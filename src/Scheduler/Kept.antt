-- ===== src/Scheduler/Kept.antt =====
-- What `set_thread_state` of kern/thread.c leaves alone, and the states that it leaves.
use bradyp_os.Base.{ℕ, ◌≡◌, ◌==◌, if◌then◌else◌, arith}
use bradyp_os.Kernel.{ThreadState, Kernel, put_tcb}
use bradyp_os.Thread.Find.{SameNames}
use bradyp_os.Scheduler.{
  set_thread_state, adjust_schedule, thread_schedule_insert, unschedule, thread_schedule_delete,
}
use bradyp_os.Scheduler.Update.{adjust_schedule-SameThreads}

-- All but the heap, the states of the threads and what the memory holds.
pub record Kept (k k' : Kernel) : Type 0 where
  pub alarm : k'.alarm ≡ k.alarm
  pub caller : k'.caller ≡ k.caller
  pub kern_tcb : k'.kern_tcb ≡ k.kern_tcb
  pub pending : k'.softirq_pending ≡ k.softirq_pending
  pub current : k'.current_thread_idx ≡ k.current_thread_idx
  pub spaces : k'.as_pool ≡ k.as_pool
  pub names : SameNames k k'

module _ (k : Kernel) (t : ℕ) (s : ThreadState) where
  set_thread_state-names : SameNames k (set_thread_state k t s)
  unfolding set_thread_state adjust_schedule thread_schedule_insert unschedule
      thread_schedule_delete put_tcb
  set_thread_state-names = record {
    list = ground arith;
    length = ground arith;
    ids = λ x. ground arith;
  }

  pub set_thread_state-Kept : Kept k (set_thread_state k t s)
  unfolding set_thread_state adjust_schedule thread_schedule_insert unschedule
      thread_schedule_delete put_tcb
  set_thread_state-Kept = record {
    alarm = ground arith;
    caller = ground arith;
    kern_tcb = ground arith;
    pending = ground arith;
    current = ground arith;
    spaces = ground arith;
    names = set_thread_state-names;
  }

  pub set_thread_state-state :
      (x : ℕ)
      → ((set_thread_state k t s).tcb_store x).state ≡ (if x == t then s else (k.tcb_store x).state)
  unfolding set_thread_state put_tcb
  set_thread_state-state x = rw ((adjust_schedule-SameThreads k t s).blocks) (ground arith)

→ **TASK ITEM**
Filter the entries above and keep only the lines with the word "Kept".

→ **TASK RESULT**
filename src/Scheduler/Kept.antt
-- ===== src/Scheduler/Kept.antt =====
pub record Kept (k k' : Kernel) : Type 0 where
  pub set_thread_state-Kept : Kept k (set_thread_state k t s)
  set_thread_state-Kept = record {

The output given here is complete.